In the aftermath of the devastation, Mayor Alon Davidi looks to the future of his shattered city.
Vehicles can tell a story. As we drive along the highway leading south, fewer and fewer cars are seen traveling on the road with us, although there are many heading in the opposite direction. The story they tell is one of caution and fear, of a place that is being abandoned by civilians. We soon pass a stretch of road on which many private vehicles are parked in rows under a mysterious sign with a number on it. We figured out that it’s a gathering place for reservists waiting to be picked up and taken to their base.

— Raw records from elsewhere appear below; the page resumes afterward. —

-- ===== src/Commitments.antt =====
-- Commitment chunks (crates/railgun-indexer-core/src/commitments.rs).
pub mod Rows
pub mod RoundTrip
use railgun_indexer.Prelude.{
  ℕ, List, [], ◌∷◌, ◌++◌, map, length, Option, none, some, leb, if◌then◌else◌, min, max, Result, ok,
  err, ◌>>=◌, ◌>>◌, ok_or, map_err,
}
use railgun_indexer.Codec.{Bytes, ChunkError, write_u32, write_u64, write_len, write_each, u64_len}
use railgun_indexer.Artifact.{
  Range, tree_position, commitments, ChunkEnvelope, Published, ChunkPlanItem, default_metadata,
  ChunkFormat, checked_byte_size,
}

pub data StoredCommitmentFamily : Type 0 where
  transact shield legacy_encrypted legacy_generated : StoredCommitmentFamily

pub record StoredCommitmentRow : Type 0 where
  pub global_position : ℕ
  pub block_number : ℕ
  pub family : StoredCommitmentFamily
  pub tree_number : ℕ
  pub tree_position : ℕ
  pub commitment_hash : Bytes

pub data CommitmentChunkError : Type 0 where
  empty_chunk : CommitmentChunkError
  non_increasing_global_position : ℕ → ℕ → CommitmentChunkError
  global_position_overflow : CommitmentChunkError
  chunk : ChunkError → CommitmentChunkError
  ipfs : ℕ → CommitmentChunkError

unfoldable pub commitment_family_id : StoredCommitmentFamily → ℕ
commitment_family_id transact = 0
commitment_family_id shield = 1
commitment_family_id legacy_encrypted = 2
commitment_family_id legacy_generated = 3

-- The loop over the records behind the first: the last position, or the first that does not grow.
unfoldable pub last_position : ℕ → List StoredCommitmentRow → Result CommitmentChunkError ℕ
last_position previous_position [] = ok previous_position
last_position previous_position (r ∷ rest) =
    if leb r.global_position previous_position
    then err (non_increasing_global_position previous_position r.global_position)
    else last_position r.global_position rest

unfoldable pub commitment_range : List StoredCommitmentRow → Result CommitmentChunkError Range
unfolding last_position
commitment_range [] = err empty_chunk
commitment_range (first ∷ rest) = do
  end ← last_position first.global_position rest
  ok (record { kind = tree_position; start = first.global_position; end = end })

unfoldable pub write_commitment_record : StoredCommitmentRow → Result ChunkError Bytes
write_commitment_record r = ok (
    write_u64 r.global_position
    ++ (write_u64 r.block_number
        ++ (commitment_family_id r.family ∷ []
            ++ (write_u32 r.tree_number ++ (write_u64 r.tree_position ++ r.commitment_hash)))))

unfoldable pub encode_commitment_records : List StoredCommitmentRow → Result ChunkError Bytes
unfolding write_commitment_record
encode_commitment_records records = do
  count ← write_len (length records)
  rows ← write_each write_commitment_record records
  let bytes = count ++ rows
  u64_len (length bytes)
  ok bytes

-- `Iterator::min` and `Iterator::max` over the block numbers.
unfoldable pub min_block : List StoredCommitmentRow → Option ℕ
min_block [] = none
min_block (r ∷ rest) = elim (min_block rest) [
  | none ↦ some r.block_number
  | some b ↦ some (min r.block_number b)
]

unfoldable pub max_block : List StoredCommitmentRow → Option ℕ
max_block [] = none
max_block (r ∷ rest) = elim (max_block rest) [
  | none ↦ some r.block_number
  | some b ↦ some (max r.block_number b)
]

module _ (f : ChunkFormat) where
  open f use {ChainScope, Compression, encode_chunk_bytes, sha256_digest, chunk_format_version}

  encode_commitment_envelope :
      ChainScope → Range → ℕ → ℕ → Bytes → Compression → Result ChunkError Bytes
  encode_commitment_envelope scope range row_count payload_len payload compression =
      encode_chunk_bytes
        (record {
          header = record {
            dataset_kind = commitments;
            scope = scope;
            range = range;
            row_count = row_count;
            payload_len = payload_len;
            sections = record { section_id = 1; offset = 0; byte_length = payload_len } ∷ [];
          };
          payload = payload;
        })
        compression

  unfoldable pub commitment_chunk_plan_item :
      ChainScope
      → List StoredCommitmentRow
      → Compression
      → Result CommitmentChunkError ChunkPlanItem
  unfolding encode_commitment_envelope
  commitment_chunk_plan_item scope records compression = do
    range ← commitment_range records
    payload ← map_err chunk (encode_commitment_records records)
    payload_len ← map_err chunk (u64_len (length payload))
    row_count ← map_err chunk (u64_len (length records))
    compressed_bytes ←
        map_err chunk
          (encode_commitment_envelope scope range row_count payload_len payload compression)
    compressed_byte_size ← map_err chunk (u64_len (length compressed_bytes))
    ok (record {
      range = range;
      row_count = row_count;
      compressed_byte_size = compressed_byte_size;
    })

  unfoldable pub prepare_commitment_chunk :
      ChainScope
      → List StoredCommitmentRow
      → Compression
      → Result CommitmentChunkError (Published ChainScope Compression)
  unfolding encode_commitment_envelope
  prepare_commitment_chunk scope records compression = do
    range ← commitment_range records
    payload ← map_err chunk (encode_commitment_records records)
    payload_len ← map_err chunk (u64_len (length payload))
    row_count ← map_err chunk (u64_len (length records))
    min_block ← ok_or (min_block records) empty_chunk
    max_block ← ok_or (max_block records) empty_chunk
    compressed_bytes ←
        map_err chunk
          (encode_commitment_envelope scope range row_count payload_len payload compression)
    byte_size ← map_err chunk (checked_byte_size f compressed_bytes)
    ok (record {
      descriptor = record {
        dataset_kind = commitments;
        scope = scope;
        range = range;
        row_count = row_count;
        cid = [];
        sha256 = sha256_digest compressed_bytes;
        byte_size = byte_size;
        encoding_version = chunk_format_version;
        compression = compression;
        metadata = record default_metadata {
          checkpoint_block = some max_block;
          start_block = some min_block;
          end_block = some max_block;
          last_indexed_block = some max_block;
        };
      };
      compressed_bytes = compressed_bytes;
    })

We continue our drive, almost alone on the road, but eventually, we find ourselves integrated into the traffic of heavy military vehicles. We see tank transporters, armored personnel carriers, and a huge monster that occupies almost all of the lanes with a D-9 bulldozer on it. These vehicles don’t need much interpretation. We pass the city of Ashkelon on our way to Sderot. Aside from being dubbed the “capital of the Gaza envelope” it has another dubious distinction, that of being the “Qassam capital of the world.” Sderot has probably absorbed more Qassam missiles than any other city during the past decade.

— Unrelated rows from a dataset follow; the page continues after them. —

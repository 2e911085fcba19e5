-- ===== src/Commitments/RoundTrip.antt =====
-- The payload of a commitment chunk (crates/railgun-indexer-core/src/commitments.rs).
use railgun_indexer.Prelude.{
  ℕ, zero, suc, ◌<◌, ◌%◌, ◌≡◌, refl, List, [], ◌∷◌, ◌++◌, none, some, length, ok, arith, All,
  All-map, u32_mod, u64_mod, ap, ◌∙◌, sym, Result-cases, inl, inr,
}
use mathlib.Core.List.{append_assoc, append-nil}
use railgun_indexer.Codec.{Bytes, write_u32, write_u64, write_each, write_len, to_le_bytes}
use railgun_indexer.Codec.Read.{
  Reader, ◌>>=◌, pure, read_uint, read_fixed, read_many, Undoes, bind_some, read_uint_lem,
  read_fixed_lem, read_many_lem,
}
use railgun_indexer.Commitments.{
  StoredCommitmentRow, StoredCommitmentFamily, transact, shield, legacy_encrypted, legacy_generated,
  commitment_family_id, write_commitment_record, encode_commitment_records,
}

family_of : ℕ → Reader StoredCommitmentFamily
family_of zero = pure transact
family_of (suc zero) = pure shield
family_of (suc (suc zero)) = pure legacy_encrypted
family_of (suc (suc (suc zero))) = pure legacy_generated
family_of _ = λ bytes. none

pub read_commitment_record : Reader StoredCommitmentRow
read_commitment_record = do
  global_position ← read_uint 8
  block_number ← read_uint 8
  id ← read_uint 1
  family ← family_of id
  tree_number ← read_uint 4
  tree_position ← read_uint 8
  commitment_hash ← read_fixed 32
  pure (record {
    global_position = global_position;
    block_number = block_number;
    family = family;
    tree_number = tree_number;
    tree_position = tree_position;
    commitment_hash = commitment_hash;
  })

pub read_commitment_records : Reader (List StoredCommitmentRow)
read_commitment_records = do count ← read_uint 8; read_many read_commitment_record count

-- The widths of the fields in Rust.
pub record InRange (r : StoredCommitmentRow) : Type 0 where
  pub global_position : r.global_position < u64_mod
  pub block_number : r.block_number < u64_mod
  pub tree_number : r.tree_number < u32_mod
  pub tree_position : r.tree_position < u64_mod
  pub commitment_hash : length r.commitment_hash ≡ 32

family_lem :
    (family : StoredCommitmentFamily) → family_of (commitment_family_id family) ≡ pure family
unfolding commitment_family_id family_of
family_lem transact = refl
family_lem _ = refl

id-lt : (family : StoredCommitmentFamily) → commitment_family_id family < 256
unfolding commitment_family_id
id-lt family = ground arith

-- One byte is a number of width one.
byte_lem : (n : ℕ) → n < 256 → n ∷ [] ≡ to_le_bytes 1 n
unfolding to_le_bytes
byte_lem n h = let same : n % 256 ≡ n = omega arith in rw same

record_lem :
    (r : StoredCommitmentRow) → InRange r → Undoes read_commitment_record write_commitment_record r
unfolding read_commitment_record write_commitment_record
record_lem r v bytes rest h =
    let hash = r.commitment_hash ++ rest in
    let position = write_u64 r.tree_position ++ hash in
    let tree = write_u32 r.tree_number ++ position in
    let family = to_le_bytes 1 (commitment_family_id r.family) ++ tree in
    let block = write_u64 r.block_number ++ family in
    let split : bytes ++ rest ≡ write_u64 r.global_position ++ block =
      let same : bytes
          ≡ write_u64 r.global_position
            ++ (write_u64 r.block_number
                ++ (commitment_family_id r.family ∷ []
                    ++ (write_u32 r.tree_number
                        ++ (write_u64 r.tree_position ++ r.commitment_hash)))) =
        ground arith in
      rw (same, ← byte_lem (commitment_family_id r.family) (id-lt r.family)) (simp append_assoc) in
    rw split (
      ground (
        arith,
        read_uint_lem 8 r.global_position block v.global_position,
        read_uint_lem 8 r.block_number family v.block_number,
        read_uint_lem 1 (commitment_family_id r.family) tree (id-lt r.family),
        family_lem r.family,
        read_uint_lem 4 r.tree_number position v.tree_number,
        read_uint_lem 8 r.tree_position hash v.tree_position,
        read_fixed_lem 32 r.commitment_hash rest v.commitment_hash,
      ))

-- Reading an encoded chunk gives back its rows, in their order, and leaves nothing over.
pub encode_commitment_records-read :
    (records : List StoredCommitmentRow) {payload : Bytes}
    → All InRange records
    → encode_commitment_records records ≡ ok payload
    → read_commitment_records payload ≡ some (records, [])
unfolding encode_commitment_records read_commitment_records write_len
encode_commitment_records-read records {payload} v h =
    elim (Result-cases (write_each write_commitment_record records)) [
      | inr (_, e) ↦ absurd (ground arith)
      | inl (rows, e) ↦
          let small : length records < u64_mod = ground arith in
          let joined : payload ≡ write_u64 (length records) ++ rows = ground arith in
          let all = All-map record_lem records v in
          let whole = ap (read_many read_commitment_record (length records)) (append-nil rows) in
          rw joined (
            bind_some (read_uint 8) (read_many read_commitment_record) _
              (read_uint_lem 8 (length records) rows small)
            ∙ sym whole
            ∙ read_many_lem read_commitment_record write_commitment_record records rows [] all e)
    ]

We pass numerous checkpoints along the way. Almost every junction is staffed by military or police forces. You can’t go in either direction without being questioned. Israeli flags fly in front of the entrance to Sderot. The city comes as a surprise to those who have never visited it before. It is a modern metropolis with new buildings and even high-rises that have somehow managed to sprout despite the difficulties the city has experienced in recent years. The streets are empty, and only soldiers and emergency personnel can be seen walking around. Cars are occasionally spotted between the buildings, most of them local police or border police vehicles.

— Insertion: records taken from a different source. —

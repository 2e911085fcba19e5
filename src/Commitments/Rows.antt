-- ===== src/Commitments/Rows.antt =====
-- What the descriptor of a commitment chunk says of its rows
-- (crates/railgun-indexer-core/src/commitments.rs).
use railgun_indexer.Prelude.{
  ℕ, ◌≤◌, ◌<◌, ◌≡◌, List, [], ◌∷◌, length, none, some, ok, arith, All, All-map, All-zip,
  Result-cases, Option-cases, inl, inr, err, ◌↔◌, refl, leb, lt→not-leb, false, min, max,
}
use railgun_indexer.Artifact.{tree_position, Range, Published, ChunkFormat, Describes}
use railgun_indexer.Commitments.{
  empty_chunk, StoredCommitmentRow, last_position, commitment_range, min_block, max_block,
  prepare_commitment_chunk,
}

-- The positions grow strictly along the rows.
abbrev pub Increasing : List StoredCommitmentRow → Type 0
Increasing [] = Unit {0}
Increasing (r ∷ []) = Unit {0}
Increasing (r ∷ s ∷ rest) = (r.global_position < s.global_position) × Increasing (s ∷ rest)

abbrev pub Within : ℕ → ℕ → StoredCommitmentRow → Type 0
Within lo hi r = (lo ≤ r.global_position) × (r.global_position ≤ hi)

last_position-Increasing :
    (r : StoredCommitmentRow) (rest : List StoredCommitmentRow) (end : ℕ)
    → last_position r.global_position rest ≡ ok end
    → Increasing (r ∷ rest) × All (Within r.global_position end) (r ∷ rest)
unfolding last_position
last_position-Increasing r [] end h = ground arith
last_position-Increasing r (s ∷ rest) end h =
    let grows : r.global_position < s.global_position = ground arith in
    let later = last_position-Increasing s rest end (ground arith) in
    (
      (grows, later.0),
      (
        (omega arith, omega arith),
        ((omega arith, omega arith), All-map (λ a w. (omega arith, w.1)) rest later.1.1),
      ),
    )

last_position_complete :
    (r : StoredCommitmentRow) (rest : List StoredCommitmentRow)
    → Increasing (r ∷ rest)
    → (end : ℕ) × (last_position r.global_position rest ≡ ok end)
unfolding last_position
last_position_complete r [] h = (r.global_position, refl)
last_position_complete r (s ∷ rest) h =
    let (end, e) = last_position_complete s rest h.1 in
    let grows : leb s.global_position r.global_position ≡ false = lt→not-leb _ _ h.0 in
    (end, rw (last_position, grows) e)

-- A range is made of rows, at least one, exactly when their positions grow strictly; it starts at
-- the first row's position, and every row lies in it.
pub commitment_range-Increasing :
    (first : StoredCommitmentRow) (rest : List StoredCommitmentRow)
    → (commitment_range [] ≡ err empty_chunk)
      × (Increasing (first ∷ rest) ↔ (
          (range : Range) × (commitment_range (first ∷ rest) ≡ ok range)
          × (range.start ≡ first.global_position)
          × All (Within range.start range.end) (first ∷ rest)))
unfolding commitment_range
commitment_range-Increasing first rest = (refl, (made, accepted))
  where
    made :
        Increasing (first ∷ rest)
        → (range : Range) × (commitment_range (first ∷ rest) ≡ ok range)
          × (range.start ≡ first.global_position)
          × All (Within range.start range.end) (first ∷ rest)
    made h =
        let (end, e) = last_position_complete first rest h in
        (
          record { kind = tree_position; start = first.global_position; end = end },
          rw (e, commitment_range),
          refl,
          (last_position-Increasing first rest end e).1,
        )

    accepted :
        ((range : Range) × (commitment_range (first ∷ rest) ≡ ok range)
          × (range.start ≡ first.global_position)
          × All (Within range.start range.end) (first ∷ rest))
        → Increasing (first ∷ rest)
    accepted (range, h, _, _) = elim (Result-cases (last_position first.global_position rest)) [
      | inl (end, e) ↦ (last_position-Increasing first rest end e).0
      | inr (_, e) ↦ absurd (ground arith)
    ]

min_block-none : (records : List StoredCommitmentRow) → min_block records ≡ none → records ≡ []
unfolding min_block
min_block-none [] h = refl
min_block-none (r ∷ rest) h = absurd (ground arith)

max_block-none : (records : List StoredCommitmentRow) → max_block records ≡ none → records ≡ []
unfolding max_block
max_block-none [] h = refl
max_block-none (r ∷ rest) h = absurd (ground arith)

min_block-le :
    (records : List StoredCommitmentRow) (b : ℕ)
    → min_block records ≡ some b
    → All (λ r. b ≤ r.block_number) records
unfolding min_block
min_block-le [] b h = tt
min_block-le (r ∷ rest) b h = elim (Option-cases (min_block rest)) [
  | inl e ↦ (ground arith, rw (min_block-none rest e) tt)
  | inr (c, e) ↦
      let lower : b ≡ min r.block_number c = ground arith in
      (omega arith, All-map (λ a below. omega arith) rest (min_block-le rest c e))
]

le-max_block :
    (records : List StoredCommitmentRow) (b : ℕ)
    → max_block records ≡ some b
    → All (λ r. r.block_number ≤ b) records
unfolding max_block
le-max_block [] b h = tt
le-max_block (r ∷ rest) b h = elim (Option-cases (max_block rest)) [
  | inl e ↦ (ground arith, rw (max_block-none rest e) tt)
  | inr (c, e) ↦
      let upper : b ≡ max r.block_number c = ground arith in
      (omega arith, All-map (λ a below. omega arith) rest (le-max_block rest c e))
]

module _ (f : ChunkFormat) where
  open f use {ChainScope, Compression}

  -- What a prepared chunk says of its rows.
  pub record Represents (records : List StoredCommitmentRow) (p : Published ChainScope Compression)
      : Type 0 where
    pub describes : Describes f p
    pub rows : p.descriptor.row_count ≡ length records
    pub increasing : Increasing records
    pub positions : All (Within p.descriptor.range.start p.descriptor.range.end) records
    pub lo : ℕ
    pub hi : ℕ
    pub start_block : p.descriptor.metadata.start_block ≡ some lo
    pub end_block : p.descriptor.metadata.end_block ≡ some hi
    pub blocks : All (λ r. (lo ≤ r.block_number) × (r.block_number ≤ hi)) records

  -- The parts of a successful preparation.
  prepare_parts :
      (scope : ChainScope) (first : StoredCommitmentRow) (rest : List StoredCommitmentRow)
      (compression : Compression) {p : Published ChainScope Compression}
      → prepare_commitment_chunk f scope (first ∷ rest) compression ≡ ok p
      → (end lo hi : ℕ) × (last_position first.global_position rest ≡ ok end)
        × (min_block (first ∷ rest) ≡ some lo)
        × (max_block (first ∷ rest) ≡ some hi)
        × (p.descriptor.range.start ≡ first.global_position)
        × (p.descriptor.range.end ≡ end)
        × (p.descriptor.metadata.start_block ≡ some lo)
        × (p.descriptor.metadata.end_block ≡ some hi)
  unfolding prepare_commitment_chunk commitment_range
  prepare_parts scope first rest compression h =
      elim (Result-cases (last_position first.global_position rest)) [
        | inr (_, e) ↦ absurd (ground arith)
        | inl (end, e) ↦ elim (Option-cases (min_block (first ∷ rest))) [
          | inl e' ↦ absurd (ground arith)
          | inr (lo, e') ↦ elim (Option-cases (max_block (first ∷ rest))) [
            | inl e'' ↦ absurd (ground arith)
            | inr (hi, e'') ↦
                (end, lo, hi, e, e', e'', ground arith, ground arith, ground arith, ground arith)
          ]
        ]
      ]

  prepare-Describes :
      (scope : ChainScope) (records : List StoredCommitmentRow) (compression : Compression)
      {p : Published ChainScope Compression}
      → prepare_commitment_chunk f scope records compression ≡ ok p
      → Describes f p × (p.descriptor.row_count ≡ length records)
  unfolding prepare_commitment_chunk
  prepare-Describes scope records compression h = ground arith

  -- A prepared chunk's descriptor has the size, the digest and the number of its rows; the rows'
  -- positions grow strictly and lie in its range, and their blocks lie between its first and last
  -- block.
  pub prepare_commitment_chunk-Represents :
      (scope : ChainScope) (records : List StoredCommitmentRow) (compression : Compression)
      {p : Published ChainScope Compression}
      → prepare_commitment_chunk f scope records compression ≡ ok p
      → Represents records p
  unfolding prepare_commitment_chunk commitment_range
  prepare_commitment_chunk-Represents scope [] compression h = absurd (ground arith)
  prepare_commitment_chunk-Represents scope (first ∷ rest) compression {p} h =
      let (end, lo, hi, e, e', e'', start_is, end_is, first_is, last_is) =
        prepare_parts scope first rest compression h in
      let ordered = last_position-Increasing first rest end e in
      let described = prepare-Describes scope (first ∷ rest) compression h in
      record {
        describes = described.0;
        rows = described.1;
        increasing = ordered.0;
        positions = All-map (λ a w. (omega arith, omega arith)) (first ∷ rest) ordered.1;
        lo = lo;
        hi = hi;
        start_block = first_is;
        end_block = last_is;
        blocks =
            All-zip _ _ (first ∷ rest) (min_block-le (first ∷ rest) lo e')
              (le-max_block (first ∷ rest) hi e'');
      }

Suddenly we hear a “code red” being called and stop the car. We are grateful that we are already inside the city, where every few meters there is a shelter designed precisely for this purpose. We have a choice between one shelter bearing a painting of a lion and another across the street decorated with the portrait of a child. We choose the roaring lion and wait inside its walls with a few other civilians. One of them is Shlomo, a municipal employee who is equipped with a helmet and bulletproof vest. In the background, there is the constant sound of thunder. “Don’t worry,” the experienced Shlomo assures us. “Those are our bombs that are falling in Gaza.” Not a minute later there are a few short rounds of thunder and a mighty explosion that makes the ground shake. “That was actually very close,” he says. “I think there were three hits. Two in the south of the city and one much closer. It sounded like it exploded near the children’s playground.”
After a few more minutes of waiting, the sirens sound the all-clear signal, and we exit the shelter. Outside, we follow Shlomo. He was remarkably accurate. There were three hits, one of them quite near us, but fortunately no casualties. As we turn onto a nearby street, next to a traffic circle and in front of a park with children’s play equipment, a crooked pipe is stuck in the sidewalk. Right next to it is a parked vehicle whose doors are wide open, its glass shattered and perforated with shrapnel. The pungent smell of gunpowder wafts through the air and an ambulance is already on the scene. The paramedics are examining the car and its surroundings. There is no one inside it. The driver had been able to exit his vehicle and shelter in a nearby building. He survived. Just seeing that car gives you an idea of what a Qassam rocket can do.
The police soon arrive to examine the site, followed by none other than the mayor of Sderot himself, Alon Davidi, accompanied by some aides. He is wearing a bulletproof vest that says “Mayor.” He is talking to several residents who have gathered at the scene, and when he sees Shlomo, he gives him a big hug. The two heave a sigh of relief at the miracle. The military personnel have already been called to remove the remains of the missile, and a tow truck arrives to evacuate the burned-out vehicle. Shlomo asks one of the remaining paramedics to take the car’s owner to the hospital, but the man refuses. “I’m fine,” he insists, but eventually Shlomo convinces him to go “just to make sure.”